There have been strong articles as part of a series in The Globe recently on the dangers of texting and driving. This heartbreaking one by Jessica Leeder, titled “Distracted driving now deadlier than impaired driving,” lays bare the tragic consequences of texting and driving. It also includes a list of laws and penalties for distracted driving across the country.

Peter Cheney also wrote about his view that distracted driving needs to become as unacceptable as driving drunk. There is also this piece, titled “Distracted driving: ‘Multitasking is a myth,’ ” by Robert Collison.

All of these are responsible stories outlining the dangers of a serious public-safety issue.

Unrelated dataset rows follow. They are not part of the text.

-- ===== src/HostTests/Loops.antt =====
-- The loops of dumpUI.
use ledger_sovereign.Base.{
  ℕ, zero, suc, ◌+◌, ◌-◌, ◌%◌, ◌^◌, ◌<◌, ◌≤◌, ◌≡◌, refl, sym, ap, ◌∙◌, true, some, List, [], ◌∷◌,
  ◌++◌, lt→ltb, le→ltb, length, arith, append-nil, append_assoc,
}
use ledger_sovereign.Base.Memory.{c_string}
use ledger_sovereign.Base.Text.{codes}
use ledger_sovereign.Platform.{Format}
use ledger_sovereign.Parser.{ParserError, ParserContext, ParserTx, Item, deref, parser_get_item}
use ledger_sovereign.Parser.Items.{get_item_first, get_item_blob, cleaned, length-cleaned_val}
use ledger_sovereign.HostTests.{
  Stack, text_in, dump_line, dump_pages, dump_items, decimal, page_mark, dump_ui,
}
use ledger_sovereign.HostTests.Listing.{PrintsPages, message_line, message_lines, listing}

text_in-some :
    (buffer text : List ℕ)
    → c_string buffer ≡ text
    → length text < length buffer
    → text_in buffer ≡ some text
text_in-some buffer text h short = rw (h, lt→ltb (length text) (length buffer) short) refl

-- The char buffers have 1000 bytes.
abbrev pub IsStack : Stack → Type 0
IsStack stack = (idx : ℕ) → (length (stack idx).0 ≡ 1000) × (length (stack idx).1 ≡ 1000)

module _ (f : Format) (ctx : ParserContext) (obj : ParserTx) (k v idx : ℕ) where
  -- One round of the loop over the pages, on a page that can be fetched.
  round_listed :
      (fuel : ℕ) (key val : List ℕ) (page count : ℕ) (answer : List (List ℕ)) (i : Item)
      (key_text val_text : List ℕ) (next : ℕ)
      → page < count
      → parser_get_item f ctx obj idx key k val v page ≡ some (ParserError.ok, i)
      → text_in i.out_key ≡ some key_text
      → text_in i.out_val ≡ some val_text
      → i.page_count ≡ next
      → dump_pages f (suc fuel) ctx obj k v idx key val page count answer
        ≡ dump_pages f fuel ctx obj k v idx i.out_key i.out_val ((page + 1) % 2 ^ 8) next (
            answer
            ++ (decimal idx
                ++ codes " | "
                ++ key_text
                ++ page_mark page next
                ++ codes " : "
                ++ val_text)
              ∷ [])
  unfolding dump_pages dump_line
  round_listed fuel key val page count answer i key_text val_text next more e shown_key shown_val
        same =
      rw (lt→ltb page count more, e, shown_key, shown_val, same) refl

  -- No page is left.
  pages_done :
      (fuel : ℕ) (key val : List ℕ) (page count : ℕ) (answer : List (List ℕ))
      → count ≤ page
      → dump_pages f (suc fuel) ctx obj k v idx key val page count answer ≡ some answer
  unfolding dump_pages
  pages_done fuel key val page count answer h = rw (le→ltb page count h) refl

module _ (f : Format) (pages : PrintsPages f) (ctx : ParserContext) (obj : ParserTx)
    (message : List ℕ) (points : ctx.tx_obj ≡ true)
    (readable : deref obj.tx_blind_signature ≡ some message) where
  abbrev total : ℕ
  total = pages.page_total 39 message

  first_listed :
      (key val : List ℕ)
      → length key ≡ 1000
      → length val ≡ 1000
      → dump_pages f 257 ctx obj 39 39 0 key val 0 1 [] ≡ some (codes "0 | Blind : Signing" ∷ [])
  first_listed key val hk hv =
      let (i, e, key_text, val_text, count, key_size, val_size) =
        get_item_first f ctx obj key val 38 38 0 (omega arith) (omega arith) in
      let shown_key = text_in-some i.out_key (codes "Blind") key_text (omega (arith, key_size)) in
      let shown_val = text_in-some i.out_val (codes "Signing") val_text (omega (arith, val_size)) in
      round_listed f ctx obj 39 39 0 256 key val 0 1 [] i (codes "Blind") (codes "Signing") 1
        (omega arith) e shown_key shown_val count
      ∙ pages_done f ctx obj 39 39 0 255 i.out_key i.out_val 1 1 (codes "0 | Blind : Signing" ∷ [])
          (omega arith)

  -- One round of the loop over the pages of the message.
  page_listed :
      (fuel : ℕ) (key val : List ℕ) (page count : ℕ) (answer : List (List ℕ))
      → length key ≡ 1000
      → length val ≡ 1000
      → page < count
      → (key' val' : List ℕ) × (length key' ≡ 1000)
        × (length val' ≡ 1000)
        × (dump_pages f (suc fuel) ctx obj 39 39 1 key val page count answer
            ≡ dump_pages f fuel ctx obj 39 39 1 key' val'
                ((page + 1) % 2 ^ 8)
                total
                (answer ++ message_line f pages message page ∷ []))
  page_listed fuel key val page count answer hk hv more =
      let (i, e, key_text, val_text, key_size) =
        get_item_blob f ctx obj key val 38 38 page message points readable (omega arith) in
      let out : List ℕ = (cleaned key val 39 39).out_val in
      let out_size : length out ≡ length val = length-cleaned_val key val 39 39 in
      let (text, count_is, size) =
        pages.prints out 39 message page (omega arith) (omega (arith, out_size)) in
      let value_text : c_string i.out_val ≡ pages.page_text 39 message page =
        ap c_string (λ j. (val_text j).0) ∙ text in
      let value_size : length i.out_val ≡ 1000 =
        ap length (λ j. (val_text j).0) ∙ size ∙ out_size ∙ hv in
      let page_count : i.page_count ≡ total = (λ j. (val_text j).1) ∙ count_is in
      let shown_key = text_in-some i.out_key (codes "Txn") key_text (omega (arith, key_size)) in
      let shown_val =
        text_in-some i.out_val (pages.page_text 39 message page) value_text
          (omega (arith, pages.ends 39 message page (omega arith))) in
      (
        i.out_key,
        i.out_val,
        key_size ∙ hk,
        value_size,
        round_listed f ctx obj 39 39 1 fuel key val page count answer i (codes "Txn")
            (pages.page_text 39 message page) total more e shown_key shown_val page_count,
      )

  -- The `n` pages from `page` on.
  pages_listed :
      (n fuel : ℕ) (key val : List ℕ) (page : ℕ) (answer : List (List ℕ))
      → length key ≡ 1000
      → length val ≡ 1000
      → n ≡ total - page
      → page < 256
      → n < fuel
      → dump_pages f fuel ctx obj 39 39 1 key val page total answer
        ≡ some (answer ++ message_lines f pages message n page)
  pages_listed zero zero key val page answer hk hv left small enough = absurd (omega arith)
  pages_listed zero (suc fuel) key val page answer hk hv left small enough =
      pages_done f ctx obj 39 39 1 fuel key val page total answer (omega arith)
      ∙ ap some (sym (append-nil answer))
  pages_listed (suc n) zero key val page answer hk hv left small enough = absurd (omega arith)
  pages_listed (suc n) (suc fuel) key val page answer hk hv left small enough =
      let few : total < 256 = pages.few 39 message (omega arith) in
      let (key', val', hk', hv', one) =
        page_listed fuel key val page total answer hk hv (omega arith) in
      let next : (page + 1) % 2 ^ 8 ≡ page + 1 = omega arith in
      one
      ∙ ap
          (λ j.
            dump_pages f fuel ctx obj 39 39 1 key' val' j total
              (answer ++ message_line f pages message page ∷ []))
          next
      ∙ pages_listed n fuel key' val' (page + 1) (answer ++ message_line f pages message page ∷ [])
          hk' hv' (omega arith) (omega arith) (omega arith)
      ∙ ap some (append_assoc answer (message_line f pages message page ∷ []) _)

  -- All pages, the first of which is printed in any case.
  message_listed :
      (key val : List ℕ) (answer : List (List ℕ))
      → length key ≡ 1000
      → length val ≡ 1000
      → dump_pages f 257 ctx obj 39 39 1 key val 0 1 answer
        ≡ some (answer ++ message_lines f pages message (suc (total - 1)) 0)
  message_listed key val answer hk hv =
      let few : total < 256 = pages.few 39 message (omega arith) in
      let (key', val', hk', hv', one) = page_listed 256 key val 0 1 answer hk hv (omega arith) in
      one
      ∙ pages_listed (total - 1) 256 key' val' 1 (answer ++ message_line f pages message 0 ∷ []) hk'
          hv' (omega arith) (omega arith) (omega arith)
      ∙ ap some (append_assoc answer (message_line f pages message 0 ∷ []) _)

  pub dump_ui_lists :
      (stack : Stack)
      → IsStack stack
      → dump_ui f ctx obj stack 39 39 ≡ some (listing f pages message)
  unfolding dump_ui dump_items
  dump_ui_lists stack sizes =
      rw
        (
          first_listed (stack 0).0 (stack 0).1 (sizes 0).0 (sizes 0).1,
          message_listed (stack 1).0 (stack 1).1 (codes "0 | Blind : Signing" ∷ []) (sizes 1).0
              (sizes 1).1,
        )
        refl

The article that caused the upset had a better headline in the newspaper: “Tempted to text at the wheel? As distracted driving fines increase, courts will be tested.”

This headline better reflects the main thrust of the story, which shows how fighting a ticket for distracted driving could take you months and could cost you a few thousand dollars, a battle about to become more costly with higher fines in many provinces.

The idea for the reference on how to avoid a charge was to report how lawyers would be advising their clients, not to advocate a means of beating the charge.

But, in my view, the article fails to make that point and rather than say this is what lawyers are doing now, it merely repeats the advice of one paralegal on how to avoid a charge.

Even worse, though, is the original Web headline, which suggests a way to dodge responsibility for your action.

The series on the dangers of texting and driving has been a great public service, but this headline especially was a misstep, which takes away from the strong work done in the other articles.

The editor of the section has changed the headline of the online article to reflect what the newspaper headline said.